**Stored dataset items:**
--------------------------------------------------

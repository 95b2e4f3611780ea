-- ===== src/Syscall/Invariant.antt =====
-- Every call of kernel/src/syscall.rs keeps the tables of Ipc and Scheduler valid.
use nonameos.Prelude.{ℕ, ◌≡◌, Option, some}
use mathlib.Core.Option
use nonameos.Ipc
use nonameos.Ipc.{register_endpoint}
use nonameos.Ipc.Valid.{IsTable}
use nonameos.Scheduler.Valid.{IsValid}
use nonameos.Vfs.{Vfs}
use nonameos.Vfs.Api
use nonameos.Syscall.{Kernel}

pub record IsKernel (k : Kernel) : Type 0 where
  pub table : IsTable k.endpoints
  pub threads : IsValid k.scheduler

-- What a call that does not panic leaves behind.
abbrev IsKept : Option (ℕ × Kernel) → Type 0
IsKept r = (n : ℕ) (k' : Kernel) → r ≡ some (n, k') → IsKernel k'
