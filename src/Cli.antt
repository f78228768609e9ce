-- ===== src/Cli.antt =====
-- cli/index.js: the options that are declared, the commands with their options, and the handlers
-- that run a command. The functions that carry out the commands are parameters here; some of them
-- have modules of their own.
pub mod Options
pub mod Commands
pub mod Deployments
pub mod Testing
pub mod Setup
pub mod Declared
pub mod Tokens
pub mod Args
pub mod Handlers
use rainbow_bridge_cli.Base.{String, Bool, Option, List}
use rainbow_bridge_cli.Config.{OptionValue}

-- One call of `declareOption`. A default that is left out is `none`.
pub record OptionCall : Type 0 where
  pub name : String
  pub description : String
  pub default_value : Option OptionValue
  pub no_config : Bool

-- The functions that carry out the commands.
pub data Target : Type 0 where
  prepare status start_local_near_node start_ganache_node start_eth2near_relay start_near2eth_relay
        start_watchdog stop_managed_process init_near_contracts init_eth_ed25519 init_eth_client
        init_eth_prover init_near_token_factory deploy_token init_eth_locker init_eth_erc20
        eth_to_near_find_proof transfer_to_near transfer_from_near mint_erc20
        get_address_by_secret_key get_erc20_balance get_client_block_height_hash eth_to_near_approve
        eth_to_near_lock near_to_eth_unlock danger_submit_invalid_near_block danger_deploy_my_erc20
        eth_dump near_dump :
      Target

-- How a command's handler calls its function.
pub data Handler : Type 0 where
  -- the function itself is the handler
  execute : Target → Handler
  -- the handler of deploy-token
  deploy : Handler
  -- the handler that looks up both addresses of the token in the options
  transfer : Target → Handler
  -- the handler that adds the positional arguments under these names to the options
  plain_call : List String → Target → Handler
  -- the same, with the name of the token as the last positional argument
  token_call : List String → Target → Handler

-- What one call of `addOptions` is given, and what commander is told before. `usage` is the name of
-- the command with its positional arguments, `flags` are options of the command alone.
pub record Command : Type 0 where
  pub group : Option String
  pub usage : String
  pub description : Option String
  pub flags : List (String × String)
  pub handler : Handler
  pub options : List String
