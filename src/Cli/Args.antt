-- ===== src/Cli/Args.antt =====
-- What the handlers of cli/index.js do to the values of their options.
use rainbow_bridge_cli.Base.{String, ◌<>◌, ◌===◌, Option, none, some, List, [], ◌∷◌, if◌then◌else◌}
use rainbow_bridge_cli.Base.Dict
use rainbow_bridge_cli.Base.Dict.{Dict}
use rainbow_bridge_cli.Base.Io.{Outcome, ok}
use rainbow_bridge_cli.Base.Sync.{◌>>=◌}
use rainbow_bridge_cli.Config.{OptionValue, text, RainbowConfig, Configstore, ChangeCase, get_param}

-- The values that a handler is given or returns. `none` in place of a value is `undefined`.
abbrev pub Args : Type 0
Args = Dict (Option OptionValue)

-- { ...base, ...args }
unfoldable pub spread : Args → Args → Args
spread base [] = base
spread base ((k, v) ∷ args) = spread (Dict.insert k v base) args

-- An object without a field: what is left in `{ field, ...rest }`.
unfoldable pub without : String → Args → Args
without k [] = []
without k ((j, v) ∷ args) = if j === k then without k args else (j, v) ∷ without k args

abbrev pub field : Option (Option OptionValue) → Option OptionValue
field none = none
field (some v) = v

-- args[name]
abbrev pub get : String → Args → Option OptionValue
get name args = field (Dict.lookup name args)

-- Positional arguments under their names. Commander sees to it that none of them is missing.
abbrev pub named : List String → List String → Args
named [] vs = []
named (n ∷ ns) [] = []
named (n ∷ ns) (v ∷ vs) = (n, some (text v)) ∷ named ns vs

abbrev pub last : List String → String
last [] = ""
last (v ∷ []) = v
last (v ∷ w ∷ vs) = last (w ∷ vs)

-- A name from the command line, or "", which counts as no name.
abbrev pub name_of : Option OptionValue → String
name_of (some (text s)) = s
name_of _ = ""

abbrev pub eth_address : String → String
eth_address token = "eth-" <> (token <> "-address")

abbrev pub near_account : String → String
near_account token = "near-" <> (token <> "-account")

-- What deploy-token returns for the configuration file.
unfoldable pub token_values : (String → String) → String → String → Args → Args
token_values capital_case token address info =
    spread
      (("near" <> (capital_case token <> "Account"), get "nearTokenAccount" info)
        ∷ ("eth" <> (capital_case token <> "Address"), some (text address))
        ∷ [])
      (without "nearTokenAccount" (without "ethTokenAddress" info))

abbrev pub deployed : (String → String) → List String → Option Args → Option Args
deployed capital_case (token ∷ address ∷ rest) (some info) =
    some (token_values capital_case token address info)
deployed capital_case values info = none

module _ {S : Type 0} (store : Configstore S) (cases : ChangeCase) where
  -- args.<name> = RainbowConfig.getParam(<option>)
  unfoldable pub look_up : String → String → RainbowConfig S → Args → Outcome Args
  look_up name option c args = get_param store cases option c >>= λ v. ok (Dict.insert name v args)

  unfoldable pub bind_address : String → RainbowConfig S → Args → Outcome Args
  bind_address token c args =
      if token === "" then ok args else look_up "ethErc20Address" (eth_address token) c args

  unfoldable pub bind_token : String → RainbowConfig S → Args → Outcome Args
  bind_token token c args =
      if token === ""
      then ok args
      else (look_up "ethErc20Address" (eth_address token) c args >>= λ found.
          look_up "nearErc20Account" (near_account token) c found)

--------------------------------------------------

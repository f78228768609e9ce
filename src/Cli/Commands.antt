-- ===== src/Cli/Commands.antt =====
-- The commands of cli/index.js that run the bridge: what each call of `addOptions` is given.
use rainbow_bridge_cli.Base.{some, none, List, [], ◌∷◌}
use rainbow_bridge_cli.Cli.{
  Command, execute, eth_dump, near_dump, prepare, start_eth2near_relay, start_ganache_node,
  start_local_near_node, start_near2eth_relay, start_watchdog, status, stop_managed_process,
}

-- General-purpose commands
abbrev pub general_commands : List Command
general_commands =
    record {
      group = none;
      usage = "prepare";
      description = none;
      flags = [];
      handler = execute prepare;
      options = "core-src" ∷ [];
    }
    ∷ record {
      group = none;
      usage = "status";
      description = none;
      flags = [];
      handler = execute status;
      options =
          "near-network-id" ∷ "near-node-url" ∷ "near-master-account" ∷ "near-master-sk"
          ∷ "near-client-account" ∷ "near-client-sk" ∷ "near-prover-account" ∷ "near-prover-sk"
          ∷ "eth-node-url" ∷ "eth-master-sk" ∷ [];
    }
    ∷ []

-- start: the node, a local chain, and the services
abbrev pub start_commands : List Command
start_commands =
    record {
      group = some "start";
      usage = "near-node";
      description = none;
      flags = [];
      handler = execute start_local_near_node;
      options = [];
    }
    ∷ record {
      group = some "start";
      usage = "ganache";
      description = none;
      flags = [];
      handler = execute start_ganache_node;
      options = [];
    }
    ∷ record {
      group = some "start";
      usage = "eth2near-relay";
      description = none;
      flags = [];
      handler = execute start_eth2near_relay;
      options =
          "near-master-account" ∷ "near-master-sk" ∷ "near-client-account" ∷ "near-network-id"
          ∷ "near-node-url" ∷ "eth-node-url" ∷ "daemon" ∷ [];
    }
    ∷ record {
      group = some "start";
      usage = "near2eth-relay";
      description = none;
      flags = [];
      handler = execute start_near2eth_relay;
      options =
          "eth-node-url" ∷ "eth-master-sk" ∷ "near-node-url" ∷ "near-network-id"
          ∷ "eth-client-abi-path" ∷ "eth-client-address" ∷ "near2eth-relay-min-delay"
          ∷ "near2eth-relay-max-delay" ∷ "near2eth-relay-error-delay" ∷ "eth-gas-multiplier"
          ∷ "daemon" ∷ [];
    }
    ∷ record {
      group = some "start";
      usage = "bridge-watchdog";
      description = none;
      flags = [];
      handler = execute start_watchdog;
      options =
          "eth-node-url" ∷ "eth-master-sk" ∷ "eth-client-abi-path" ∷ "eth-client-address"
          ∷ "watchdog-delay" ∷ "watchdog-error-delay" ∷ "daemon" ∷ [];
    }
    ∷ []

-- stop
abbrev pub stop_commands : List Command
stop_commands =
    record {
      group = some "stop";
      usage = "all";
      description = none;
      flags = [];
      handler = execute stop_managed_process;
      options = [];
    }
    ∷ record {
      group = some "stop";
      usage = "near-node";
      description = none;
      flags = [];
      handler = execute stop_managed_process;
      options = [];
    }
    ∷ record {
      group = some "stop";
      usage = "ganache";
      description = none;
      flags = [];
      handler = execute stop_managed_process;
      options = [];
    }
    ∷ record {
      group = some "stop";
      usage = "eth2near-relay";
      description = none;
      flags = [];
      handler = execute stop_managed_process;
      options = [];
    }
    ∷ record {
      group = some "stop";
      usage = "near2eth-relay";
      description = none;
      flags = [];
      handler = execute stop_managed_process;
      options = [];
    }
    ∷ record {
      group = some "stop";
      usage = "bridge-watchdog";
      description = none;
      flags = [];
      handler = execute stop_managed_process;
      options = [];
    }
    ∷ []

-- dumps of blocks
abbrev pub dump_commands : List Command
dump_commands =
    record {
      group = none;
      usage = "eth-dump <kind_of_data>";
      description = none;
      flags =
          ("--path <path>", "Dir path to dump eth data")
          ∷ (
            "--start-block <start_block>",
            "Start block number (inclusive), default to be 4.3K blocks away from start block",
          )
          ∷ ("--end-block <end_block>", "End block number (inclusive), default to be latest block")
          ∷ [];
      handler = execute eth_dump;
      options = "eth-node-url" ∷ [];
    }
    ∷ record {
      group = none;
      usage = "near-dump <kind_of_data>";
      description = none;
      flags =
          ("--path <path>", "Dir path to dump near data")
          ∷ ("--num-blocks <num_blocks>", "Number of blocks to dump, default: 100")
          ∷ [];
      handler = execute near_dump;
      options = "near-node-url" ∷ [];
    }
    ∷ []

--------------------------------------------------

**Aim of the task:** Scan the data above for the word "Bool", then copy every line that holds it.

**Answer space:**
use rainbow_bridge_cli.Base.{String, Bool, Option, List}
  pub no_config : Bool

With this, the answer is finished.